__What the task requires__. Show each line of the records below where the word "panics" occurs.

*** Opening Data section ***

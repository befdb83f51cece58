-- ===== src/Terminal/Sanitize/Panic.antt =====
-- When `strip_controls` panics: it slices the string behind an ESC and one byte, which is inside a
-- character if that byte leads one of several bytes.
use zyris_protocol.Prelude.{
  ℕ, suc, ◌+◌, ◌≤◌, ◌<◌, ◌≡◌, refl, ap, ◌∙◌, some, [], ◌∷◌, ◌++◌, arith, Bytes, Text, length,
  length-append, drop,
}
use native.Mathlib.Nat.{zero-add}
use zyris_protocol.Terminal.Buffer.Tail.{IsContinuation}
use zyris_protocol.Terminal.Sanitize.Escape.{drop_next}
use zyris_protocol.Terminal.Sanitize.Clean.{All}
use zyris_protocol.Terminal.Sanitize.{
  scan_escape, scan_kind, char_width, panicked, round, round_escape, round_char, strip_from,
  strip_controls, strip_at, strip_round,
}

abbrev pub IsPrintable : ℕ → Type 0
IsPrintable c = (0x20 ≤ c) × (c < 0x7F)

-- A printable byte is passed on.
strip-printable :
    (fuel : ℕ) (b : Bytes) (i : ℕ) (out : Text) (c : ℕ) (rest : Bytes)
    → drop i b ≡ c ∷ rest
    → IsPrintable c
    → strip_from (suc fuel) b i out ≡ strip_from fuel b (i + 1) (out ++ (c ∷ []))
unfolding strip_from strip_at strip_round round round_char char_width
strip-printable fuel b i out c rest e p = rw e (ground arith)

-- An ESC before a character of several bytes: its sequence is taken to end inside that character,
scan_escape-wide :
    (b : Bytes) (i kind : ℕ) (rest : Bytes)
    → drop i b ≡ 0x1B ∷ kind ∷ rest
    → 0xC0 ≤ kind
    → scan_escape b i ≡ some (i + 1 + 1)
unfolding scan_escape scan_kind
scan_escape-wide b i kind rest e k = rw (drop_next i b e) (ground arith)

strip-escape :
    (fuel : ℕ) (b : Bytes) (i : ℕ) (out : Text) (kind : ℕ) (rest : Bytes)
    → drop i b ≡ 0x1B ∷ kind ∷ rest
    → 0xC0 ≤ kind
    → strip_from (suc fuel) b i out ≡ strip_from fuel b (i + 1 + 1) out
unfolding strip_from strip_at strip_round round round_escape
strip-escape fuel b i out kind rest e k =
    rw (e, scan_escape-wide b i kind rest e k, round_escape) refl

-- where the next round slices the string.
strip-continuation :
    (fuel : ℕ) (b : Bytes) (i : ℕ) (out : Text) (d : ℕ) (rest : Bytes)
    → drop i b ≡ d ∷ rest
    → IsContinuation d
    → strip_from (suc fuel) b i out ≡ panicked
unfolding strip_from strip_at strip_round round round_char char_width
strip-continuation fuel b i out d rest e c = rw e (ground arith)

strip_from-panicked :
    (before : Bytes) (fuel : ℕ) (b : Bytes) (i : ℕ) (out : Text) (kind d : ℕ) (rest : Bytes)
    → drop i b ≡ before ++ (0x1B ∷ kind ∷ d ∷ rest)
    → All IsPrintable before
    → 0xC0 ≤ kind
    → IsContinuation d
    → (n : ℕ) → n ≡ length before + suc (suc fuel)
    → strip_from n b i out ≡ panicked
strip_from-panicked [] fuel b i out kind d rest e p k c n f =
    ap (λ m. strip_from m b i out) (f ∙ zero-add (suc (suc fuel)))
    ∙ strip-escape (suc fuel) b i out kind (d ∷ rest) e k
    ∙ strip-continuation fuel b (i + 1 + 1) out d rest (drop_next (i + 1) b (drop_next i b e)) c
strip_from-panicked (x ∷ before) fuel b i out kind d rest e p k c n f =
    let m = length before + suc (suc fuel) in
    let size : n ≡ suc m = omega arith in
    ap (λ m. strip_from m b i out) size
    ∙ strip-printable m b i out x (before ++ (0x1B ∷ kind ∷ d ∷ rest)) e p.0
    ∙ strip_from-panicked before fuel b (i + 1) (out ++ (x ∷ [])) kind d rest (drop_next i b e) p.1
        k c m refl

-- A text panics the read if its first ESC stands before a character of several bytes, here behind
-- printable ASCII.
pub strip_controls-panicked :
    (before : Bytes) (kind d : ℕ) (rest : Bytes)
    → All IsPrintable before
    → 0xC0 ≤ kind
    → IsContinuation d
    → strip_controls (before ++ (0x1B ∷ kind ∷ d ∷ rest)) ≡ panicked
unfolding strip_controls
strip_controls-panicked before kind d rest p k c =
    let b = before ++ (0x1B ∷ kind ∷ d ∷ rest) in
    strip_from-panicked before (length rest + 2) b 0 [] kind d rest refl p k c (length b + 1)
      (omega (arith, length-append before (0x1B ∷ kind ∷ d ∷ rest)))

*** Closing Data section ***

__Problem solution__.
-- When `strip_controls` panics: it slices the string behind an ESC and one byte, which is inside a
-- A text panics the read if its first ESC stands before a character of several bytes, here behind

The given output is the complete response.